Figure: Facial features and physical findings in SLOS. (a–d) Facial features include small head size, droopy eyelids, broad nasal bridge, upturned nose, and a small jaw. (e) Limb anomalies include short thumbs and webbing (f) of the second and third toes.
An often quoted study showed that approximately three-fourths of the children with SLOS (71-86% depending on the evaluation method) had an autism spectrum disorder (ASD), about 50% diagnosed with Autistic Disorder and the rest with PDD NOS (Sikora et al., 2006). In common to ASD individuals with SLOS usually suffer from language impairment, self-injurious behaviors, severe sensory hyperreactivity, and sleep-cycle disturbances. Cholesterol supplementation seemingly revereses many symptoms of autism in SLOS.
Neuroimaging and postmortem examination of the brains in SLOS indicate small brain size with enlarged ventricles and reduced size of the fiber bundles linking homologous regions of both hemispheres (the corpus callosum). At microscopic examination abnormalities of neuronal migration are very common and can be found in both the cerebral hemispheres and cerebellum (e.g. Purkinje cells).
The presence of a deficit in cholesterol synthesis has derailed research into the ASD and SLOS link in favor of trials pursuing dietary cholesterol and even androgenic hormones. There is even a hypothesis paper regarding the role of sterols in ASD (Lee and Tierney, 2011). However, the search should have been directed at establishing abnormalities of cell migration. These are exceedingly common in SLOS (Sikora et a., 2006). In effect, in SLOS cells have difficulties in migrating out of the germinal zone surrounding the ventricles and remain behind as nodules often protruding to the ventricles (periventricular nodular heterotopias). In addition, cells migrating to the cortex are arrested in their travel forming islands of gray within the white matter (heterotopias).
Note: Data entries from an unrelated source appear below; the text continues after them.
-- ===== src/Coordinator/Endings.antt =====
-- runtime/workflow_coordinator.py: the ends of an execution of a task, and what they do to its status in
-- the scheduler, its status in the DAG and its state.
use agent_manager.Prelude.Actions.{bind-ok, ◌>>◌}
use agent_manager.Prelude.Dict
use agent_manager.Prelude.Dict.{Dict, get-put}
use agent_manager.Prelude.StrSet.{add, discard}
use agent_manager.Prelude.{
  ℕ, String, ◌≡◌, refl, ◌∙◌, ap, true, Result, ok, Option, none, some, eq_refl,
}
use agent_manager.StateManager.Transitions.{
  TaskState, permitted, pending, ready, implementing, verifying, completed, failed, blocked_repair,
  blocked_hitl,
}
use agent_manager.StateManager.Machine.{Repository, StateMachine, get_state, initialize, transition}
use agent_manager.StateManager.Progress.{get_state-memory, initialize-new, transition-permitted}
use agent_manager.Dag.Digraph.{Digraph}
use agent_manager.Dag.Engine
use agent_manager.Dag.Engine.{DagNode, TaskStatus, update_node_status}
use agent_manager.SchedulerEngine.Engine.{
  Scheduler, ScheduledTask, pending as queued_status, completed as done_status,
  failed as lost_status, mark_completed, mark_failed,
}
use agent_manager.Runtime.Errors.{PyError, from_machine}
use agent_manager.Runtime.Context.{Fields}
use agent_manager.Runtime.Executor.{CheckpointManager}
use agent_manager.Recovery.Repairs.{Pipeline}
use agent_manager.Coordinator.State.{
  Coordinator, World, in_scheduler, scheduler_after, in_dag, dag_after, current_state, begin_state,
  shift_state,
}
use agent_manager.Coordinator.Tasks.{
  set_node, then_do, fail_from, set_failed_state, give_up, mark_scheduler_pending,
}
use agent_manager.Coordinator.Outcomes.{
  StateIs, IsSilent, ended_state, Agreement, agreed_completed, agreed_pending, agreed_failed,
}

module _ {R M G : Type 0} (ops : Repository R) (graph : Digraph G) (manager : CheckpointManager M)
    (pipeline : Option (Pipeline R M)) (metadata : String → Fields) (task_id : String) where
  -- An action that returns, for a coordinator that then has a property.
  abbrev pub Returns :
      (Coordinator R M G → Type 0) → Result PyError (Unit {0}) × Coordinator R M G → Type 0
  Returns P p = (c : Coordinator R M G) × (p ≡ (ok tt, c)) × P c

  module _ (c : Coordinator R M G) (t : ScheduledTask) (n : DagNode)
      (scheduled : Dict.get c.scheduler.tasks task_id ≡ some t)
      (there : Dict.get c.dag.nodes task_id ≡ some n) where
    -- The calls that change the two statuses, for a task and a node that are there.
    mark_completed-Returns :
        (s : Scheduler) × (in_scheduler (mark_completed task_id) c
          ≡ (ok tt, record c { scheduler = s }))
        × (Dict.get s.tasks task_id ≡ some (record t { status = done_status }))
    unfolding in_scheduler scheduler_after mark_completed
    mark_completed-Returns = (
      record c.scheduler {
        tasks = Dict.put c.scheduler.tasks task_id (record t { status = done_status });
        running_tasks = discard c.scheduler.running_tasks task_id;
        completed_tasks = add c.scheduler.completed_tasks task_id;
      },
      rw (mark_completed, scheduled) refl,
      get-put c.scheduler.tasks task_id task_id _ ∙ rw (eq_refl task_id) refl,
    )

    mark_failed-Returns :
        (s : Scheduler) × (in_scheduler (mark_failed task_id) c
          ≡ (ok tt, record c { scheduler = s }))
        × (Dict.get s.tasks task_id ≡ some (record t { status = lost_status }))
    unfolding in_scheduler scheduler_after mark_failed
    mark_failed-Returns = (
      record c.scheduler {
        tasks = Dict.put c.scheduler.tasks task_id (record t { status = lost_status });
        running_tasks = discard c.scheduler.running_tasks task_id;
      },
      rw (mark_failed, scheduled) refl,
      get-put c.scheduler.tasks task_id task_id _ ∙ rw (eq_refl task_id) refl,
    )

    pub set_node-Returns :
        (st : TaskStatus)
        → (d : Engine.DagEngine G) × (set_node ops graph manager pipeline metadata task_id st c
            ≡ (ok tt, record c { dag = d }))
          × (Dict.get d.nodes task_id ≡ some (record n { status = st }))
    unfolding set_node in_dag dag_after update_node_status
    set_node-Returns st = (
      record c.dag { nodes = Dict.put c.dag.nodes task_id (record n { status = st }) },
      rw (update_node_status, there) refl,
      get-put c.dag.nodes task_id task_id _ ∙ rw (eq_refl task_id) refl,
    )

  -- A change of the state machine alone.
  abbrev pub with_machine : Coordinator R M G → StateMachine R → Coordinator R M G
  with_machine c m = record c { executor = record c.executor { state_machine = m } }

  -- `_set_failed_state` returns, and the task is in a state that has ended.
  abbrev Fails : Coordinator R M G → Result PyError (Unit {0}) × Coordinator R M G → Type 0
  Fails c p =
      (m : StateMachine R) × (p ≡ (ok tt, with_machine c m))
      × (s : TaskState) × (Dict.get m.states task_id ≡ some s)
      × (ended_state s ≡ true)

  shift-Fails :
      (reason : String) (now : ℕ) (c : Coordinator R M G) (s : TaskState)
      → StateIs task_id s c
      → permitted s failed ≡ true
      → Fails c (shift_state ops task_id failed reason now c)
  unfolding shift_state from_machine ended_state
  shift-Fails reason now c s at p =
      let (answer, state) =
        transition-permitted ops task_id c.executor.state_machine failed reason now at p in
      let m = (transition ops task_id failed reason now c.executor.state_machine).1 in
      (m, ap (λ r. (from_machine r, with_machine c m)) answer, failed, state, refl)

  begin-Fails :
      (reason : String) (now : ℕ) (c : Coordinator R M G)
      → Dict.get c.executor.state_machine.states task_id ≡ none
      → Fails c ((begin_state ops task_id >> shift_state ops task_id failed reason now) c)
  unfolding begin_state from_machine permitted
  begin-Fails reason now c absent =
      let (answer, state) = initialize-new ops task_id c.executor.state_machine pending absent in
      let m = (initialize ops task_id pending c.executor.state_machine).1 in
      let (m', equal, s, at, ended) =
        shift-Fails reason now (with_machine c m) pending state refl in
      (
        m',
        bind-ok (begin_state ops task_id) _ c (ap (λ r. (from_machine r, with_machine c m)) answer)
            ∙ equal,
        s,
        at,
        ended,
      )

  fail_from-Fails :
      (reason : String) (now : ℕ) (g : Option TaskState) (c : Coordinator R M G)
      → Dict.get c.executor.state_machine.states task_id ≡ g
      → Fails c (fail_from ops graph manager pipeline metadata task_id reason now (g, c))
  unfolding fail_from ended_state permitted
  fail_from-Fails reason now none c at = begin-Fails reason now c at
  fail_from-Fails reason now (some completed) c at =
      (c.executor.state_machine, refl, completed, at, refl)
  fail_from-Fails reason now (some blocked_hitl) c at =
      (c.executor.state_machine, refl, blocked_hitl, at, refl)
  fail_from-Fails reason now (some failed) c at = (c.executor.state_machine, refl, failed, at, refl)
  fail_from-Fails reason now (some pending) c at = shift-Fails reason now c pending at refl
  fail_from-Fails reason now (some ready) c at = shift-Fails reason now c ready at refl
  fail_from-Fails reason now (some implementing) c at =
      shift-Fails reason now c implementing at refl
  fail_from-Fails reason now (some verifying) c at = shift-Fails reason now c verifying at refl
  fail_from-Fails reason now (some blocked_repair) c at =
      shift-Fails reason now c blocked_repair at refl

  set_failed_state-Fails :
      (reason : String) (now : ℕ) (c : Coordinator R M G)
      → Fails c (set_failed_state ops graph manager pipeline metadata task_id reason now c)
  unfolding set_failed_state current_state
  set_failed_state-Fails reason now c =
      let g = get_state ops task_id c.executor.state_machine in
      fail_from-Fails reason now g.0 (with_machine c g.1)
        (get_state-memory ops task_id c.executor.state_machine)

  mark_scheduler_pending_lem :
      (s : Scheduler) (t : ScheduledTask)
      → Dict.get s.tasks task_id ≡ some t
      → Dict.get (mark_scheduler_pending task_id s).tasks task_id
        ≡ some (record t { status = queued_status; next_retry_at = none; retry_attempts = 0 })
  unfolding mark_scheduler_pending
  mark_scheduler_pending_lem s t h =
      rw (mark_scheduler_pending, h, get-put s.tasks task_id task_id, eq_refl task_id) refl

  -- The three ways in which an execution ends.
  module _ (w : World) (c : Coordinator R M G) (t : ScheduledTask) (n : DagNode)
      (scheduled : Dict.get c.scheduler.tasks task_id ≡ some t)
      (there : Dict.get c.dag.nodes task_id ≡ some n) where
    pub give_up-Returns :
        Returns (Agreement task_id) (give_up ops graph manager pipeline metadata w task_id c)
    unfolding give_up
    give_up-Returns =
        let (s, marked, in_queue) = mark_failed-Returns c t n scheduled there in
        let c1 = record c { scheduler = s } in
        let (d, set, in_dag_now) =
          set_node-Returns c1 (record t { status = lost_status }) n in_queue there Engine.failed in
        let c2 = record c1 { dag = d } in
        let (m, failing, st, at, ended) = set_failed_state-Fails "Task execution failed" w.now c2 in
        (
          with_machine c2 m,
          bind-ok (in_scheduler (mark_failed task_id)) _ c marked
              ∙ bind-ok (set_node ops graph manager pipeline metadata task_id Engine.failed) _ c1
                  set
              ∙ failing,
          agreed_failed (_, in_queue, refl) (_, in_dag_now, refl) st at ended,
        )

    pub completed-Returns :
        (f : Coordinator R M G → Coordinator R M G)
        → IsSilent f
        → StateIs task_id completed c
        → Returns (Agreement task_id) (
            (do
              in_scheduler (mark_completed task_id)
              set_node ops graph manager pipeline metadata task_id Engine.completed
              then_do ops graph manager pipeline metadata f)
              c)
    unfolding then_do
    completed-Returns f silent at =
        let (s, marked, in_queue) = mark_completed-Returns c t n scheduled there in
        let c1 = record c { scheduler = s } in
        let (d, set, in_dag_now) =
          set_node-Returns c1 (record t { status = done_status }) n in_queue there
            Engine.completed in
        let c2 = record c1 { dag = d } in
        let quiet = silent c2 in
        (
          f c2,
          bind-ok (in_scheduler (mark_completed task_id)) _ c marked
              ∙ bind-ok (set_node ops graph manager pipeline metadata task_id Engine.completed) _ c1
                  set,
          agreed_completed (record t { status = done_status }, rw quiet.scheduler in_queue, refl)
              (record n { status = Engine.completed }, rw quiet.dag in_dag_now, refl)
              (rw quiet.executor at),
        )

    pub pending-Returns :
        (f : Coordinator R M G → Coordinator R M G)
        → IsSilent f
        → StateIs task_id ready c
        → Returns (Agreement task_id) (
            (do
              then_do ops graph manager pipeline metadata
                  (λ x. record x { scheduler = mark_scheduler_pending task_id x.scheduler })
              set_node ops graph manager pipeline metadata task_id Engine.pending
              then_do ops graph manager pipeline metadata f)
              c)
    unfolding then_do
    pending-Returns f silent at =
        let c1 = record c { scheduler = mark_scheduler_pending task_id c.scheduler } in
        let in_queue = mark_scheduler_pending_lem c.scheduler t scheduled in
        let (d, set, in_dag_now) =
          set_node-Returns c1
            (record t { status = queued_status; next_retry_at = none; retry_attempts = 0 }) n
            in_queue there Engine.pending in
        let c2 = record c1 { dag = d } in
        let quiet = silent c2 in
        (
          f c2,
          bind-ok (set_node ops graph manager pipeline metadata task_id Engine.pending) _ c1 set,
          agreed_pending
              (
                record t { status = queued_status; next_retry_at = none; retry_attempts = 0 },
                rw quiet.scheduler in_queue,
                refl,
              )
              (record n { status = Engine.pending }, rw quiet.dag in_dag_now, refl)
              (rw quiet.executor at),
        )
This is one in a series of blogs where I discuss different conditions manifesting autstic symptomatology of known origin or neuropathology (so-called syndromic autism). The first of these blogs was on tuberous sclerosis (http://bit.ly/17ExHYt ), other ones followed on Ehlers-Danlos syndrome (http://bit.ly/167eZuR ) and extreme prematurity (http://bit.ly/1ddJuVk ). The emphasis in all of these blogs is in the commonality of abnormalities in certain parts of the brain. It is my belief that in autism there is a common lesion that interferes in some way with the division of germinal cells early during brain development. The end result is abnormalities in cell migration and malformed areas of the cerebral cortex and brainstem. You can find additional information about this process at: http://bit.ly/1aM5KFu and http://bit.ly/136db0t
References
Lee RWY, Tierney E. The role of sterols in autism spectrum disorder. Autism Research and treatment 2011 ID 653570.
Sikora DM, Pettit-kekel K, Penfield J, Merkens LS, Steiner RD, The near universal presence of autism spectrum disorders in children with Smith-Lemli-Opits syndrome. Am J Med Genet 140(14):1511-8, 2006.